The two players face each other 100 times, switching who starts each time. 

In [None]:
player1 = 0
player2 = 0
draws = 0

for i in range(100): #Run 100 games
    game = TicTacToe3D(5) #Create new 5x5x5 board
    if i % 2 == 0: #Change the player who moves first
        current_player = 'X'
    else:
        current_player = 'O'

    while game.get_legal_moves() and not game.winner: #Iterate until there is a winner or draw
        if current_player == 'X': #Use the first heuristic
            result = search(game, 'X', 'X', -math.inf, math.inf, 2, 7, player1_score)
            move = result[1]
        else: #Use the second heuristic
            result = search(game, 'O', 'O', -math.inf, math.inf, 2, 7, player2_score)
            move = result[1]
        if move:
            x, y, z = move
            game.board[z][y][x] = current_player #Now, make a real move on the board
            game.winner = game.check_winner() #Find a winner
        if current_player == 'X':
            current_player = 'O' #Determine the next player
        else:
            current_player = 'X'
    #Increment the winner's score
    if game.winner == 'X': 
        player1 += 1
    elif game.winner == 'O':
        player2 += 1
    else:
        draws += 1
#Print the results
print(f"{100} Games Statistics:")
print(f"X Wins: {player1}")
print(f"O Wins: {player2}")
print(f"Draws: {draws}")

"""

Analysis.

The first heuristic searches for the longest sequence of its moves. The strong side of it is that it focuses very hard on  
attacking the opponent. However, it doesn't have any defensive mechanism to block the opponent's winning lines.  
The second heuristic is more balanced than the first one. It blocks the other player and controls the center of the board at  
the same time. It is hard to defeat, so it also provides good competition for Player1. However, it can miss some of the  
winning lines due to the focus on defense.  
In the competition part, I used the depth of 2 and the limit of 7. Since we had to run 100 games, 2 and 7 are reasonable choices  
to trade off between speed and quality of choices. My results are the following for the 5x5x5 board:  

X Wins: 50  
O Wins: 50  
Draws: 0  

I think that I got these results since I chose two different strategies for my evaluation function.

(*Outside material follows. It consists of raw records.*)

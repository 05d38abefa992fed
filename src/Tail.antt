-- ===== src/Tail.antt =====
-- `show_log` and `monitor_syslog` of breakin.c: files that grow are read from where the last call
-- stopped. A file is its bytes (without NUL) at the time of the call, or none if fopen fails; a
-- position of -1 is `none`.
pub mod Once
pub mod Text
use breakin.Base.{
  ℕ, zero, suc, ◌+◌, Bool, true, false, ◌||◌, List, [], ◌∷◌, ◌++◌, Option, none, some, ◌==◌,
  if◌then◌else◌, drop, length, ◌>>=◌,
}
use breakin.Text.{Bytes, codes, contains}
use breakin.Trim.{trim_buffer}
use breakin.Log.{LogCall, error}

-- what `fgets(buf, sizeof(buf), fp)` takes: at most `room` bytes, up to a newline
unfoldable pub take_line : ℕ → Bytes → Bytes × Bytes
take_line zero s = ([], s)
take_line (suc room) [] = ([], [])
take_line (suc room) (c ∷ s) = elim (c == b'\n') [
  | true ↦ (c ∷ [], s)
  | false ↦ let (line, rest) = take_line room s in (c ∷ line, rest)
]

-- `while (fgets(…) != NULL)`: the contents of `buf`, in order. Each round takes a byte at least, and
-- the fuel counts them. The size of `buf` is 1 more than `room`.
unfoldable pub read_lines : ℕ → ℕ → Bytes → List Bytes
read_lines zero room s = []
read_lines (suc fuel) room [] = []
read_lines (suc fuel) room (c ∷ s) =
    let (line, rest) = take_line room (c ∷ s) in line ∷ read_lines fuel room rest

abbrev pub buf_room : ℕ
buf_room = 8191

-- fseek to the end or to the position, the reads, and ftell
unfoldable pub tail_file : Option ℕ → Bytes → List Bytes × ℕ
tail_file none file = ([], length file)
tail_file (some pos) file =
    let unread : Bytes = drop pos file in
    (read_lines (length unread) buf_room unread, pos + length unread)

-- the loop of `show_log`; `none` is a line of white space, for which `trim` leaves the buffer
unfoldable pub log_lines : List Bytes → Option (List LogCall)
unfolding trim_buffer
log_lines [] = some []
log_lines (line ∷ lines) = do
  text ← trim_buffer line
  rest ← log_lines lines
  some (error text ∷ rest)

-- `show_log(win)`: the new `log_pos` and the calls
unfoldable pub show_log : Option ℕ → Option Bytes → Option (Option ℕ × List LogCall)
show_log pos none = some (pos, [])
show_log pos (some file) =
    let (lines, now) = tail_file pos file in log_lines lines >>= λ calls. some (some now, calls)

-- the test of `monitor_syslog`, on the trimmed line
abbrev pub is_severe : Bytes → Bool
is_severe line = if contains (codes ".err") line then true else contains (codes ".emerg") line

unfoldable pub severe_calls : List Bytes → Option (List LogCall)
unfolding trim_buffer
severe_calls [] = some []
severe_calls (line ∷ lines) = do
  text ← trim_buffer line
  rest ← severe_calls lines
  some (if is_severe text then error text ∷ rest else rest)

-- `monitor_syslog()`: the new `syslog_pos` and the calls
unfoldable pub monitor_syslog : Option ℕ → Option Bytes → Option (Option ℕ × List LogCall)
monitor_syslog pos none = some (pos, [])
monitor_syslog pos (some file) =
    let (lines, now) = tail_file pos file in severe_calls lines >>= λ calls. some (some now, calls)
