-- ===== src/Options.antt =====
-- The options of breakin.c: the loop over `getopt_long` in `main`. What getopt_long returns, with
-- `optarg`, is a list; `unknown` is any result that the switch has no case for.
pub mod Last
use breakin.Base.{
  ℕ, Bool, true, false, List, [], ◌∷◌, Option, none, some, ltb, if◌then◌else◌, ◌>>=◌,
}
use breakin.Text.{Bytes, copy_n}
use breakin.Number.{ℤ, pos, negsuc, atoi}

pub data Opt : Type 0 where
  update_url update_interval baud serialdev disable_test : Bytes → Opt
  nobenchmark ssh unknown : Opt

-- the globals that the options set
pub record Settings : Type 0 where
  pub enable_updates : Bool
  pub url : Bytes  -- update_url[1024]
  pub interval : ℤ  -- update_interval
  pub enable_benchmarks : Bool
  pub enabled_ssh : Bool
  pub serial_baud : ℤ
  pub serial_dev : Bytes
  pub serial_enabled : Bool
  pub breakin_disable : Bytes

-- their values at the start
abbrev pub default_settings : Settings
default_settings = record {
  enable_updates = false;
  url = [];
  interval = pos 300;
  enable_benchmarks = true;
  enabled_ssh = false;
  serial_baud = pos 115200;
  serial_dev = [];
  serial_enabled = false;
  breakin_disable = [];
}

-- `if (update_interval < 10) { update_interval = DEFAULT_UPDATE_INTERVAL; }`
pub at_least_10 : ℤ → ℤ
at_least_10 (pos n) = if ltb n 10 then pos 300 else pos n
at_least_10 (negsuc n) = pos 300

-- the switch; `none` is `exit(1)`
pub do_option : Opt → Settings → Option Settings
do_option (update_url arg) s = some (record s { enable_updates = true; url = copy_n 1024 arg })
do_option (update_interval arg) s = some (record s { interval = at_least_10 (atoi arg) })
do_option nobenchmark s = some (record s { enable_benchmarks = false })
do_option ssh s = some (record s { enabled_ssh = true })
do_option (baud arg) s = some (record s { serial_baud = atoi arg })
do_option (serialdev arg) s =
    some (record s { serial_dev = copy_n 1024 arg; serial_enabled = true })
do_option (disable_test arg) s = some (record s { breakin_disable = copy_n 1024 arg })
do_option unknown s = none

-- the loop
pub do_options : List Opt → Settings → Option Settings
do_options [] s = some s
do_options (o ∷ os) s = do s' ← do_option o s; do_options os s'
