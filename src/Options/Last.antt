-- ===== src/Options/Last.antt =====
-- The settings do not depend on the order of different options: each is the one that the last
-- option of its kind gives.
use breakin.Base.{
  ℕ, ◌≡◌, ◌<◌, ◌≤◌, refl, Bool, true, false, ◌||◌, List, [], ◌∷◌, Option, none, some, some-eq,
  arith, if◌then◌else◌, length, >>=-eq-some,
}
use breakin.Text.{Bytes, copy_n, length-copy_n}
use breakin.Number.{ℤ, pos, negsuc, atoi}
use breakin.Options.{
  Opt, update_url, update_interval, baud, serialdev, disable_test, nobenchmark, ssh, unknown,
  Settings, at_least_10, do_option, do_options,
}

-- the last value that some options give, or the value from before
abbrev pub last : {A : Type 0} → (Opt → Option A) → A → List Opt → A
last f old [] = old
last f old (o ∷ os) = last f (elim (f o) [ none ↦ old | some new ↦ new ]) os

abbrev pub any : (Opt → Bool) → List Opt → Bool
any f [] = false
any f (o ∷ os) = f o || any f os

abbrev url_of : Opt → Option Bytes
url_of (update_url arg) = some (copy_n 1024 arg)
url_of _ = none

abbrev interval_of : Opt → Option ℤ
interval_of (update_interval arg) = some (at_least_10 (atoi arg))
interval_of _ = none

abbrev baud_of : Opt → Option ℤ
baud_of (baud arg) = some (atoi arg)
baud_of _ = none

abbrev dev_of : Opt → Option Bytes
dev_of (serialdev arg) = some (copy_n 1024 arg)
dev_of _ = none

abbrev pub disable_of : Opt → Option Bytes
disable_of (disable_test arg) = some (copy_n 1024 arg)
disable_of _ = none

abbrev on_url : Opt → Option Bool
on_url (update_url arg) = some true
on_url _ = none

abbrev on_dev : Opt → Option Bool
on_dev (serialdev arg) = some true
on_dev _ = none

abbrev on_ssh : Opt → Option Bool
on_ssh ssh = some true
on_ssh _ = none

abbrev on_nobenchmark : Opt → Option Bool
on_nobenchmark nobenchmark = some false
on_nobenchmark _ = none

abbrev pub is_unknown : Opt → Bool
is_unknown unknown = true
is_unknown _ = false

abbrev pub chosen : List Opt → Settings → Settings
chosen os s = record {
  enable_updates = last on_url s.enable_updates os;
  url = last url_of s.url os;
  interval = last interval_of s.interval os;
  enable_benchmarks = last on_nobenchmark s.enable_benchmarks os;
  enabled_ssh = last on_ssh s.enabled_ssh os;
  serial_baud = last baud_of s.serial_baud os;
  serial_dev = last dev_of s.serial_dev os;
  serial_enabled = last on_dev s.serial_enabled os;
  breakin_disable = last disable_of s.breakin_disable os;
}

-- The program exits if and only if one of the options is unknown; otherwise each setting is what the
-- last option of its kind gives, or as before.
pub do_options_lem :
    (os : List Opt) (s : Settings)
    → do_options os s ≡ (if any is_unknown os then none else some (chosen os s))
unfolding do_options do_option
do_options_lem [] s = refl
do_options_lem (update_url a ∷ os) s = do_options_lem os _
do_options_lem (update_interval a ∷ os) s = do_options_lem os _
do_options_lem (baud a ∷ os) s = do_options_lem os _
do_options_lem (serialdev a ∷ os) s = do_options_lem os _
do_options_lem (disable_test a ∷ os) s = do_options_lem os _
do_options_lem (nobenchmark ∷ os) s = do_options_lem os _
do_options_lem (ssh ∷ os) s = do_options_lem os _
do_options_lem (unknown ∷ os) s = refl

abbrev pub AtLeast : ℕ → ℤ → Type 0
AtLeast n (pos m) = n ≤ m
AtLeast n (negsuc m) = ⊥

-- The strings fit their arrays, and updates are at least 10 seconds apart.
pub record Within (s : Settings) : Type 0 where
  pub url : length s.url < 1024
  pub dev : length s.serial_dev < 1024
  pub disable : length s.breakin_disable < 1024
  pub interval : AtLeast 10 s.interval

at_least_10_lem : (z : ℤ) → AtLeast 10 (at_least_10 z)
unfolding at_least_10
at_least_10_lem (pos n) = ground arith
at_least_10_lem (negsuc n) = omega arith

do_option-Within : (o : Opt) (s s' : Settings) → Within s → do_option o s ≡ some s' → Within s'
unfolding do_option
do_option-Within (update_url a) s s' w e = ground (arith, length-copy_n 1024 a)
do_option-Within (update_interval a) s s' w e = ground (arith, at_least_10_lem (atoi a))
do_option-Within (baud a) s s' w e = ground arith
do_option-Within (serialdev a) s s' w e = ground (arith, length-copy_n 1024 a)
do_option-Within (disable_test a) s s' w e = ground (arith, length-copy_n 1024 a)
do_option-Within nobenchmark s s' w e = ground arith
do_option-Within ssh s s' w e = ground arith
do_option-Within unknown s s' w e = cc

-- Whatever the options are: if the program goes on, the strings fit their arrays and the interval is
-- at least 10 seconds, given that this holds of the settings before.
do_options-Within :
    (os : List Opt) (s s' : Settings) → Within s → do_options os s ≡ some s' → Within s'
unfolding do_options
do_options-Within [] s s' w e = rw (← some-eq e) w
do_options-Within (o ∷ os) s s' w e =
    let (s1, e1, e2) = >>=-eq-some (do_option o s) _ e in
    do_options-Within os s1 s' (do_option-Within o s s1 w e1) e2
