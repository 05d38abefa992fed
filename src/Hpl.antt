-- ===== src/Hpl.antt =====
-- hpl_calc_pq.c: the process grid of the HPL benchmark for a number of cores. `ceil(sqrt(cores))`
-- is exact for the values of an `int`, and is the least number whose square reaches `cores`. The
-- argument is taken to be a number that is not negative; `none` is the division by zero.
pub mod Square
pub mod Size
mod Examples
use breakin.Base.{
  ℕ, zero, suc, ◌+◌, ◌*◌, ◌/◌, ◌%◌, true, false, List, [], ◌∷◌, ◌++◌, Option, none, some, ◌==◌, leb,
  ltb, if◌then◌else◌,
}
use breakin.Text.{Bytes, codes, decimal}

-- the least root from `p` on; the fuel bounds the search
pub root_from : ℕ → ℕ → ℕ → ℕ
root_from zero n p = p
root_from (suc fuel) n p = elim (leb n (p * p)) [ true ↦ p | false ↦ root_from fuel n (p + 1) ]

pub ceil_sqrt : ℕ → ℕ
ceil_sqrt n = root_from n n 0

-- `for (p = ceil(sqrt(cores)); p > 1; --p) { if (cores % p == 0) break; }`
pub search_p : ℕ → ℕ → ℕ
search_p cores zero = 0
search_p cores (suc zero) = 1
search_p cores (suc (suc k)) = elim (cores % suc (suc k) == 0) [
  | true ↦ suc (suc k)
  | false ↦ search_p cores (suc k)
]

-- the two numbers that are printed as Ps and Qs
pub record Grid : Type 0 where
  pub ps : ℕ
  pub qs : ℕ

abbrev order_grid : ℕ → ℕ → Grid
order_grid p q = if ltb q p then record { ps = q; qs = p } else record { ps = p; qs = q }

-- `q = cores / p;` and the choice behind it
pub divide_cores : ℕ → ℕ → Option Grid
divide_cores cores zero = none
divide_cores cores (suc k) = some (order_grid (suc k) (cores / suc k))

pub calc_pq : ℕ → Option Grid
unfolding divide_cores
calc_pq cores = divide_cores cores (search_p cores (ceil_sqrt cores))

-- the two lines of output
unfoldable pub print_grid : Grid → Bytes
print_grid g =
    decimal g.ps ++ (codes "            Ps\n" ++ (decimal g.qs ++ codes "            Qs\n"))
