-- ===== src/Hpl/Square.antt =====
-- The grid has one place for each core, is at least as wide as high, and is as square as can be.
use native.Mathlib.Nat.{mul-mod_right, div-add-mod, mul_comm}
use native.Mathlib.Decide.{dec_lt}
use breakin.Base.{
  ℕ, zero, suc, ◌+◌, ◌-◌, ◌*◌, ◌/◌, ◌%◌, ◌≤◌, ◌<◌, ◌≡◌, refl, ◌∙◌, inl, inr, true, false, some,
  arith, ◌==◌, leb, ltb, Bool-cases, ==_iff,
}
use breakin.Hpl.{root_from, ceil_sqrt, search_p, Grid, divide_cores, calc_pq}

-- `r` is the least number whose square reaches `n`.
pub record IsRoot (n r : ℕ) : Type 0 where
  pub reaches : n ≤ r * r
  pub least : (k : ℕ) → k < r → k * k < n

below_square : (n p : ℕ) → n ≤ p → n ≤ p * p
below_square n zero h = omega arith
below_square n (suc p) h = grind arith

root_from_stop : (fuel n p : ℕ) → leb n (p * p) ≡ true → root_from (suc fuel) n p ≡ p
unfolding root_from
root_from_stop fuel n p h = ground arith

root_from_go :
    (fuel n p : ℕ) → leb n (p * p) ≡ false → root_from (suc fuel) n p ≡ root_from fuel n (p + 1)
unfolding root_from
root_from_go fuel n p h = ground arith

root_from-IsRoot :
    (fuel n p : ℕ) → n ≤ p + fuel → ((k : ℕ) → k < p → k * k < n) → IsRoot n (root_from fuel n p)
root_from-IsRoot zero n p h below =
    unfold root_from in record { reaches = below_square n p (omega arith); least = below }
root_from-IsRoot (suc fuel) n p h below = elim (Bool-cases (leb n (p * p))) [
  | inl y ↦ rw (root_from_stop fuel n p y) (record { reaches = ground arith; least = below })
  | inr more ↦
      rw (root_from_go fuel n p more)
        (root_from-IsRoot fuel n (p + 1) (omega arith) (λ k l. extend k l (ground arith)))
]
  where
    extend : (k : ℕ) → k < p + 1 → p * p < n → k * k < n
    extend k l over = elim (dec_lt k p) [
      | yes low ↦ below k low
      | no high ↦ let e : k ≡ p = omega arith in rw e over
    ]

pub ceil_sqrt-IsRoot : (n : ℕ) → IsRoot n (ceil_sqrt n)
unfolding ceil_sqrt
ceil_sqrt-IsRoot n = root_from-IsRoot n n 0 (omega arith) (λ k h. absurd (omega arith))

record IsLargest (cores r p : ℕ) : Type 0 where
  divides : cores % p ≡ 0
  within : p ≤ r
  largest : (d : ℕ) → 0 < d → d ≤ r → cores % d ≡ 0 → d ≤ p
  pos : 0 < p

search_p_hit :
    (cores k : ℕ) → (cores % suc (suc k) == 0) ≡ true → search_p cores (suc (suc k)) ≡ suc (suc k)
unfolding search_p
search_p_hit cores k h = ground arith

search_p_miss :
    (cores k : ℕ)
    → (cores % suc (suc k) == 0) ≡ false
    → search_p cores (suc (suc k)) ≡ search_p cores (suc k)
unfolding search_p
search_p_miss cores k h = ground arith

search_p-IsLargest : (cores r : ℕ) → 0 < r → IsLargest cores r (search_p cores r)
search_p-IsLargest cores zero h = absurd (omega arith)
search_p-IsLargest cores (suc zero) h =
    unfold search_p in
    record {
      divides = omega arith;
      within = omega arith;
      largest = λ d p l e. l;
      pos = omega arith;
    }
search_p-IsLargest cores (suc (suc k)) h = elim (Bool-cases (cores % suc (suc k) == 0)) [
  | inl y ↦ rw (search_p_hit cores k y) (record {
    divides = (==_iff _ 0).0 y;
    within = omega arith;
    largest = λ d p l e. l;
    pos = omega arith;
  })
  | inr n ↦
      let ih = search_p-IsLargest cores (suc k) (omega arith) in
      rw (search_p_miss cores k n) (record {
        divides = ih.divides;
        within = omega (arith, ih.within);
        largest = λ d p l e. ih.largest d p (smaller d l e n) e;
        pos = ih.pos;
      })
]
  where
    smaller :
        (d : ℕ) → d ≤ suc (suc k) → cores % d ≡ 0 → (cores % suc (suc k) == 0) ≡ false → d ≤ suc k
    smaller d l e n = elim (dec_lt d (suc (suc k))) [
      | yes low ↦ omega arith
      | no high ↦ let same : d ≡ suc (suc k) = omega arith in absurd (ground (arith, rw same at e))
    ]

-- What is printed for `cores`: a factorisation with Ps at most Qs, whose Ps no other factorisation
-- of that kind exceeds.
pub record IsSquarest (cores : ℕ) (g : Grid) : Type 0 where
  pub product : g.ps * g.qs ≡ cores
  pub wide : g.ps ≤ g.qs
  pub squarest : (a b : ℕ) → a * b ≡ cores → a ≤ b → a ≤ g.ps

-- `q = cores / p`, for a divisor.
divides-product : (cores p : ℕ) → cores % p ≡ 0 → p * (cores / p) ≡ cores
divides-product cores p h = omega (arith, div-add-mod cores p)

mul_mono : (x y z w : ℕ) → x ≤ y → z ≤ w → x * z ≤ y * w
mul_mono x y z w h k = grind arith

squarest_below :
    (cores r p : ℕ)
    → 0 < cores
    → IsRoot cores r
    → IsLargest cores r p
    → (a b : ℕ) → a * b ≡ cores
    → a ≤ b
    → a ≤ p
squarest_below cores r p pos root l a b e h =
    l.largest a (positive a e) within (rw (← e) (mul-mod_right a b))
  where
    positive : (a : ℕ) → a * b ≡ cores → 0 < a
    positive zero e = absurd (omega arith)
    positive (suc a) e = omega arith

    within : a ≤ r
    within = elim (dec_lt r a) [
      | yes over ↦
          absurd (omega (arith, mul_mono (suc r) a (suc r) b over (omega arith), root.reaches))
      | no fits ↦ omega arith
    ]

squarest_above :
    (cores r p q : ℕ)
    → 0 < cores
    → IsRoot cores r
    → IsLargest cores r p
    → p * q ≡ cores
    → q < p
    → (a b : ℕ) → a * b ≡ cores
    → a ≤ b
    → a ≤ q
squarest_above cores r p q pos root l e lt a b f h = elim (dec_lt q a) [
  | no fits ↦ omega arith
  | yes over ↦ elim (dec_lt b p) [
    | yes low ↦ absurd (
        omega (
          arith,
          mul_mono a (p - 1) b (p - 1) (omega arith) (omega arith),
          root.least (p - 1) (omega (arith, l.within, l.pos)),
        ))
    | no high ↦
        absurd (omega (arith, mul_mono (suc q) a p b over (omega arith), mul_comm p q, l.pos))
  ]
]

-- For any positive number of cores the program prints two numbers, Ps at most Qs, whose product is
-- the number of cores and whose Ps no other such pair exceeds.
pub calc_pq-IsSquarest :
    (cores : ℕ) → 0 < cores → (g : Grid) × (calc_pq cores ≡ some g) × IsSquarest cores g
unfolding calc_pq
calc_pq-IsSquarest cores pos =
    let root = ceil_sqrt-IsRoot cores in
    finish (search_p cores (ceil_sqrt cores)) root
      (search_p-IsLargest cores (ceil_sqrt cores) (root_pos (ceil_sqrt cores) root.reaches))
  where
    root_pos : (r : ℕ) → cores ≤ r * r → 0 < r
    root_pos zero h = absurd (omega arith)
    root_pos (suc r) h = omega arith

    finish :
        (p : ℕ)
        → IsRoot cores (ceil_sqrt cores)
        → IsLargest cores (ceil_sqrt cores) p
        → (g : Grid) × (divide_cores cores p ≡ some g) × IsSquarest cores g
    finish zero root l = absurd (omega arith)
    finish (suc k) root l = elim (Bool-cases (ltb (cores / suc k) (suc k))) [
      | inl y ↦ (
        record { ps = cores / suc k; qs = suc k },
        rw y refl,
        record {
          product = mul_comm (cores / suc k) (suc k) ∙ divides-product cores (suc k) l.divides;
          wide = ground arith;
          squarest =
              squarest_above cores _ (suc k) (cores / suc k) pos root l
                (divides-product cores (suc k) l.divides) (ground arith);
        },
      )
      | inr n ↦ (
        record { ps = suc k; qs = cores / suc k },
        rw n refl,
        record {
          product = divides-product cores (suc k) l.divides;
          wide = ground arith;
          squarest = squarest_below cores _ (suc k) pos root l;
        },
      )
    ]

One attacks, while the other blocks.  
However, initially, I supposed that Player2 would win more games than Player1, but due to the depth of only 2, there might not be enough  
opportunities for it to look that far ahead.
Also, it is important to mention that first-move advantage exists. Therefore, the similar win rates between the two heuristics may not
fully reflect their strengths, as the order played a significant role. There is still room for improvement, such as
increasing the search depth and designing stronger heuristics with threat detection to help reduce the impact of the first-move advantage.

"""